We have not selected a threshold to use for the particular model, although you could follow the steps as outlined in Module 10 to do so.

Conclusion

One limitation of this analysis is that our Instagram data only contains 120 observations. Our testing data, which is 20% of the observations, consists of only 24 accounts.
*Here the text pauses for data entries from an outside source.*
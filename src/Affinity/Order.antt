-- ===== src/Affinity/Order.antt =====
-- The order of the minters depends on the client's key and on which minters there are, not on how they are listed.
use mathlib.Core.List.{Perm, Permᴰ}
use openbao_cloud_creds.Base.{
  Option, ℕ, ◌≡◌, refl, sym, ap, ◌∙◌, ◌⊎◌, inl, inr, Text, text_le_total, text_le_trans,
  text_le_antisymm, is_empty, insert_sorted, sort_by, sort_by-perm, List, [], ◌∷◌, Bool, true,
  false, Bool-cases, arith,
}
use openbao_cloud_creds.Affinity.{weigh, prefers, order}

prefers_total : (w : Text → ℕ) (a b : Text) → (prefers w a b ≡ true) ⊎ (prefers w b a ≡ true)
unfolding prefers
prefers_total w a b = ground (arith, text_le_total a b)

prefers_trans :
    (w : Text → ℕ) (a b c : Text)
    → prefers w a b ≡ true
    → prefers w b c ≡ true
    → prefers w a c ≡ true
unfolding prefers
prefers_trans w a b c h k = ground (arith, text_le_trans a b c)

prefers_antisymm : (w : Text → ℕ) (a b : Text) → prefers w a b ≡ true → prefers w b a ≡ true → a ≡ b
unfolding prefers
prefers_antisymm w a b h k = ground (arith, text_le_antisymm a b)

-- Inserting by a total order commutes.
module _ (le : Text → Text → Bool) (total : (a b : Text) → (le a b ≡ true) ⊎ (le b a ≡ true))
    (trans : (a b c : Text) → le a b ≡ true → le b c ≡ true → le a c ≡ true)
    (antisymm : (a b : Text) → le a b ≡ true → le b a ≡ true → a ≡ b) where
  insert_before :
      (a x : Text) (xs : List Text) → le a x ≡ true → insert_sorted le a (x ∷ xs) ≡ a ∷ x ∷ xs
  unfolding insert_sorted
  insert_before a x xs e = simp e

  insert_nil : (a : Text) → insert_sorted le a [] ≡ a ∷ []
  unfolding insert_sorted
  insert_nil a = refl

  insert_after :
      (a x : Text) (xs : List Text)
      → le a x ≡ false
      → insert_sorted le a (x ∷ xs) ≡ x ∷ insert_sorted le a xs
  unfolding insert_sorted
  insert_after a x xs e = simp e

  -- Two insertions in front of the same list.
  insert_both :
      (a b : Text) (xs : List Text)
      → insert_sorted le a xs ≡ a ∷ xs
      → insert_sorted le b xs ≡ b ∷ xs
      → insert_sorted le a (b ∷ xs) ≡ insert_sorted le b (a ∷ xs)
  insert_both a b xs p q = elim (Bool-cases (le a b)) [
    | inl e ↦ elim (Bool-cases (le b a)) [
      | inl f ↦ rw (antisymm a b e f) refl
      | inr f ↦ insert_before a b xs e ∙ sym (insert_after b a xs f ∙ ap (◌∷◌ a) q)
    ]
    | inr e ↦
        let f : le b a ≡ true = ground (arith, total a b) in
        insert_after a b xs e ∙ ap (◌∷◌ b) p ∙ sym (insert_before b a xs f)
  ]

  -- One insertion in front of the list's head and one after it.
  insert_around :
      (a b x : Text) (xs : List Text)
      → le b x ≡ true
      → le a x ≡ false
      → insert_sorted le a (b ∷ x ∷ xs) ≡ insert_sorted le b (x ∷ insert_sorted le a xs)
  insert_around a b x xs e f = elim (Bool-cases (le a b)) [
    | inl g ↦ absurd (never (sym f ∙ trans a b x g e))
    | inr g ↦
        insert_after a b (x ∷ xs) g
        ∙ ap (◌∷◌ b) (insert_after a x xs f)
        ∙ sym (insert_before b x (insert_sorted le a xs) e)
  ]
    where
      never : false ≡ true → ⊥
      never q = cc

  insert_comm :
      (a b : Text) (xs : List Text)
      → insert_sorted le a (insert_sorted le b xs) ≡ insert_sorted le b (insert_sorted le a xs)
  insert_comm a b [] =
      rw (insert_nil a, insert_nil b) (insert_both a b [] (insert_nil a) (insert_nil b))
  insert_comm a b (x ∷ xs) = elim (Bool-cases (le b x)) [
    | inl e ↦ elim (Bool-cases (le a x)) [
      | inl f ↦
          rw (insert_before b x xs e, insert_before a x xs f)
            (insert_both a b (x ∷ xs) (insert_before a x xs f) (insert_before b x xs e))
      | inr f ↦ rw (insert_before b x xs e, insert_after a x xs f) (insert_around a b x xs e f)
    ]
    | inr e ↦ elim (Bool-cases (le a x)) [
      | inl f ↦
          rw (insert_after b x xs e, insert_before a x xs f) (sym (insert_around b a x xs f e))
      | inr f ↦
          rw (insert_after b x xs e, insert_after a x xs f)
            (insert_after a x (insert_sorted le b xs) f
              ∙ ap (◌∷◌ x) (insert_comm a b xs)
              ∙ sym (insert_after b x (insert_sorted le a xs) e))
    ]
  ]

  sort_by-Permᴰ : (xs ys : List Text) → Permᴰ xs ys → sort_by le xs ≡ sort_by le ys
  unfolding sort_by
  sort_by-Permᴰ xs ys Permᴰ.nil = refl
  sort_by-Permᴰ (a ∷ xs) (b ∷ ys) (Permᴰ.cons e p) = rw (e, sort_by-Permᴰ xs ys p) refl
  sort_by-Permᴰ (a ∷ b ∷ xs) (c ∷ d ∷ ys) (Permᴰ.swap e f) =
      rw (e, f) (insert_comm d c (sort_by le xs))
  sort_by-Permᴰ xs ys (Permᴰ.trans {l₂ = zs} p q) = sort_by-Permᴰ xs zs p ∙ sort_by-Permᴰ zs ys q

-- For a client with a key, the order is the same however the same minters are listed, and it is an order of
-- all of them and of no others.
pub order_lem :
    (sha256 : Text → List ℕ) (draw : ℕ → Option ℕ) (key : Text) (ids others : List Text)
    → is_empty key ≡ false
    → Permᴰ ids others
    → (order sha256 draw key ids ≡ order sha256 draw key others)
      × Perm (order sha256 draw key ids) ids
unfolding order
order_lem sha256 draw key ids others e p =
    let w = weigh sha256 key in
    rw (order, e)
      (
        sort_by-Permᴰ (prefers w) (prefers_total w) (prefers_trans w) (prefers_antisymm w) ids
            others p,
        sort_by-perm (prefers w) ids,
      )
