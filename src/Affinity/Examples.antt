-- ===== src/Affinity/Examples.antt =====
-- The order of two minters, listed in two ways.
use mathlib.Core.List.{Perm, Permᴰ}
use openbao_cloud_creds.Base.{none, ℕ, ◌≡◌, refl, Text, text, List, [], ◌∷◌}
use openbao_cloud_creds.Affinity.{order}
use openbao_cloud_creds.Affinity.Order.{order_lem}

abbrev ids : List Text
ids = text "m1" ∷ text "m2" ∷ []

abbrev swapped : List Text
swapped = text "m2" ∷ text "m1" ∷ []

-- Any digest will do.
abbrev digest : Text → List ℕ
digest t = t

order_example :
    (order digest (λ n. none) (text "worker") ids
      ≡ order digest (λ n. none) (text "worker") swapped)
    × Perm (order digest (λ n. none) (text "worker") ids) ids
order_example = order_lem digest (λ n. none) (text "worker") ids swapped refl (Permᴰ.swap refl refl)
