-- ===== src/Paging/Mapper/Translate.antt =====
-- `map_to` and `translate` of pages of 4 KiB and of 2 MiB.
use miniature_os.Base.{ℕ, ◌+◌, ◌*◌, ◌%◌, ◌^◌, ◌<◌, ◌≡◌, sym, ap, ◌∙◌, arith}
use miniature_os.Base.{Run, ok}
use miniature_os.Base.{bit_or}
use miniature_os.Memory.Frame.{PhysicalFrame, Page, PageSize, size_4kib, size_2mib, page_size}
use miniature_os.Paging.Crates.{BitCrates}
use miniature_os.Paging.Entry.{set_address, huge_page}
use miniature_os.Paging.Table.{Memory}
use miniature_os.Paging.Mapper.{FrameAllocator, MapResult, mapped, frame_allocation_failed}
use miniature_os.Paging.Mapper.{
  page_already_mapped, map_to_4kib, map_to_2mib, translate_at, translate_4kib, translate_2mib,
  Translation,
}
use miniature_os.Paging.Mapper.{translated}
use miniature_os.Paging.Mapper.Tree.{Owners, IsTree, entry_at, reading, translate_at_lem}
use miniature_os.Paging.Mapper.Supply.{IsMapping, IsAllocator}
use miniature_os.Paging.Mapper.Map.{IsSound, Effect, map_at_lem}
use miniature_os.Paging.Mapper.Pages.{
  After, Layout, layout_4kib, layout_2mib, reading-absent, reading-present, reading-set_address,
  huge_page_flags,
}

module _ (lib : BitCrates) (frame_to_virtual : PhysicalFrame size_4kib → Run ℕ)
    (maps : IsMapping frame_to_virtual) {A : Type 0} (fa : FrameAllocator A)
    (IsFree : A → ℕ → Type 0) (IsReady : ℕ → A → Type 0) (supply : IsAllocator fa IsFree IsReady)
    (root k : ℕ) (m : Memory) (a : A) (own : Owners) where
  module _ (S : PageSize) (depth : ℕ) (layout : Layout S depth) (page : Page S)
      (frame : PhysicalFrame S) (flags : ℕ) where
    abbrev translate : Page S → Memory → Run (Translation S)
    translate q m = translate_at lib frame_to_virtual S (layout.path q) (layout.final q) root m

    pub translate-Layout :
        (m : Memory) (own : Owners) (q : Page S)
        → IsTree lib frame_to_virtual depth root m own
        → translate q m
          ≡ reading lib frame_to_virtual S
              (entry_at lib frame_to_virtual (layout.path q) (layout.final q) root m)
    translate-Layout m own q v =
        translate_at_lem lib frame_to_virtual depth root m own v S (layout.path q) (layout.final q)
          (layout.inside q) (layout.final_inside q) (omega (arith, layout.full q))

    -- A page whose entry is the same translates the same.
    translate_same :
        (m' : Memory) (own' : Owners) (q : Page S)
        → IsTree lib frame_to_virtual depth root m own
        → IsTree lib frame_to_virtual depth root m' own'
        → entry_at lib frame_to_virtual (layout.path q) (layout.final q) root m'
          ≡ entry_at lib frame_to_virtual (layout.path q) (layout.final q) root m
        → translate q m' ≡ translate q m
    translate_same m' own' q v v' e =
        translate-Layout m' own' q v'
        ∙ ap (reading lib frame_to_virtual S) e
        ∙ sym (translate-Layout m own q v)

    After-Effect :
        (m' : Memory) (own' : Owners) (a' : A) (r : MapResult S)
        → IsTree lib frame_to_virtual depth root m own
        → IsTree lib frame_to_virtual depth root m' own'
        → page.address % page_size S ≡ 0
        → reading lib frame_to_virtual S (set_address frame.address flags)
          ≡ ok (translated frame flags)
        → Effect lib frame_to_virtual depth root IsFree S
            (layout.path page)
            (layout.final page)
            page
            (set_address frame.address flags)
            m
            m'
            a'
            r
        → After S translate (IsFree a') page frame flags m m' r
    After-Effect m' own' a' (mapped of) v v' aligned read (same_page, absent, now, others) = (
      same_page,
      translate-Layout m own page v ∙ reading-absent lib S frame_to_virtual _ absent,
      translate-Layout m' own' page v' ∙ ap (reading lib frame_to_virtual S) now ∙ read,
      λ other aligned' far. translate_same m' own' other v v' (
          others (layout.path other) (layout.final other) (layout.inside other)
            (layout.final_inside other) (layout.full other)
            (λ (e, f). far (layout.distinct other page aligned' aligned e f))),
    )
    After-Effect m' own' a' frame_allocation_failed v v' aligned read (spent, same) = (
      spent,
      λ other. translate_same m' own' other v v' (
          same (layout.path other) (layout.final other) (layout.inside other)
            (layout.final_inside other) (layout.full other)),
    )
    After-Effect m' own' a' page_already_mapped v v' aligned read (there, same) =
        let (f, e) = reading-present lib S frame_to_virtual _ there in
        (
          (f, _, translate-Layout m own page v ∙ e),
          λ other. translate_same m' own' other v v' (
              same (layout.path other) (layout.final other) (layout.inside other)
                (layout.final_inside other) (layout.full other)),
        )

  -- On page tables that form a tree of four levels, no table of which lies in a free frame, with an
  -- allocator that hands out free frames, `map_to` of a page of 4 KiB returns (the frame is below
  -- 2^48, and the flags contain `PRESENT`), and the tables form such a tree afterwards. If it
  -- reports success, the page was not mapped before, `translate` gives the frame and exactly the
  -- flags afterwards, and every other page translates as before. If it reports that a
  -- frame is missing, the allocator has none left, and if it reports that the page is mapped
  -- already, it is; in both cases all pages translate as before.
  pub map_to_4kib-translate :
      (page : Page size_4kib) (p hi lo : ℕ)
      → page.address % 4096 ≡ 0
      → p < 2 ^ 36
      → hi < 2 ^ 12
      → lo < 2 ^ 12
      → lo % 2 ≡ 1
      → IsSound lib frame_to_virtual 3 root IsFree m a own
      → IsReady (3 + k) a
      → (r : MapResult size_4kib) × (m' : Memory) × (a' : A) × (own' : Owners) × (map_to_4kib lib
            frame_to_virtual fa root
            (record { address = p * 2 ^ 12 })
            page
            (hi * 2 ^ 52 + lo)
            m
            a
          ≡ ok (r, m', a'))
        × IsSound lib frame_to_virtual 3 root IsFree m' a' own'
        × IsReady k a'
        × After size_4kib
            (translate_4kib lib frame_to_virtual root)
            (IsFree a')
            page
            (record { address = p * 2 ^ 12 })
            (hi * 2 ^ 52 + lo)
            m
            m'
            r
  unfolding map_to_4kib translate_4kib layout_4kib
  map_to_4kib-translate page p hi lo aligned hp hhi hlo odd sound ready =
      let frame : PhysicalFrame size_4kib = record { address = p * 2 ^ 12 } in
      let flags : ℕ = hi * 2 ^ 52 + lo in
      let layout = layout_4kib lib in
      let (r, m', a', own', e, sound', extends, ready', effect) =
        map_at_lem lib frame_to_virtual maps fa IsFree IsReady supply size_4kib 3 root k
          (layout.path page) (layout.final page) frame page flags m a own sound ready
          (layout.inside page) (layout.final_inside page) (layout.full page) in
      (
        r,
        m',
        a',
        own',
        e,
        sound',
        ready',
        After-Effect size_4kib 3 layout page frame flags m' own' a' r sound.0 sound'.0 aligned
            (reading-set_address lib size_4kib frame_to_virtual p hi lo hp hhi hlo odd
              (omega arith))
            effect,
      )

  -- The same for pages of 2 MiB, on tables of three levels: `translate` gives the flags with
  -- `HUGE_PAGE` added.
  pub map_to_2mib-translate :
      (page : Page size_2mib) (q hi lo : ℕ)
      → page.address % 2 ^ 21 ≡ 0
      → q < 2 ^ 27
      → hi < 2 ^ 12
      → lo < 2 ^ 12
      → lo % 2 ≡ 1
      → IsSound lib frame_to_virtual 2 root IsFree m a own
      → IsReady (2 + k) a
      → (r : MapResult size_2mib) × (m' : Memory) × (a' : A) × (own' : Owners) × (map_to_2mib lib
            frame_to_virtual fa root
            (record { address = q * 2 ^ 21 })
            page
            (hi * 2 ^ 52 + lo)
            m
            a
          ≡ ok (r, m', a'))
        × IsSound lib frame_to_virtual 2 root IsFree m' a' own'
        × IsReady k a'
        × After size_2mib
            (translate_2mib lib frame_to_virtual root)
            (IsFree a')
            page
            (record { address = q * 2 ^ 21 })
            (bit_or (hi * 2 ^ 52 + lo) huge_page)
            m
            m'
            r
  unfolding map_to_2mib translate_2mib layout_2mib
  map_to_2mib-translate page q hi lo aligned hq hhi hlo odd sound ready =
      let frame : PhysicalFrame size_2mib = record { address = q * 2 ^ 21 } in
      let flags : ℕ = bit_or (hi * 2 ^ 52 + lo) huge_page in
      let (split, hlo', odd') = huge_page_flags hi lo hlo in
      let address : q * 2 ^ 21 ≡ q * 512 * 2 ^ 12 = omega arith in
      let read : reading lib frame_to_virtual size_2mib (set_address frame.address flags)
          ≡ ok (translated frame flags) =
        rw (address, split)
          (reading-set_address lib size_2mib frame_to_virtual (q * 512) hi (bit_or lo huge_page)
            (omega arith) hhi hlo' (odd' ∙ odd) (omega arith)) in
      let layout = layout_2mib lib in
      let (r, m', a', own', e, sound', extends, ready', effect) =
        map_at_lem lib frame_to_virtual maps fa IsFree IsReady supply size_2mib 2 root k
          (layout.path page) (layout.final page) frame page flags m a own sound ready
          (layout.inside page) (layout.final_inside page) (layout.full page) in
      (
        r,
        m',
        a',
        own',
        e,
        sound',
        ready',
        After-Effect size_2mib 2 layout page frame flags m' own' a' r sound.0 sound'.0 aligned read
            effect,
      )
Because our data is smaller, it is possible that the performance of each of these models is inflated. Ideally, we would attempt to gather more data in order to fully evaluate the performance of each model.

We've seen that we are able to apply some of the same analyses to random forests and neural networks as we have to logistic regression models. This is because each of these machine learning techniques provides predictive probabilities as part of their output. Once we have the predictive probabilities, we can fit and analyze a classifier in a similar process to what we have seen before.

These additional machine learning techniques provide a different way to predict the output compared to our regression-based techniques from earlier. These are only two other techniques that we could use, with the number of machine learning techniques available being quite large.

Overall, we've seen that while the process of fitting the model is distinct for each of the techniques, downstream analyses are comparable once the predictions have been obtained.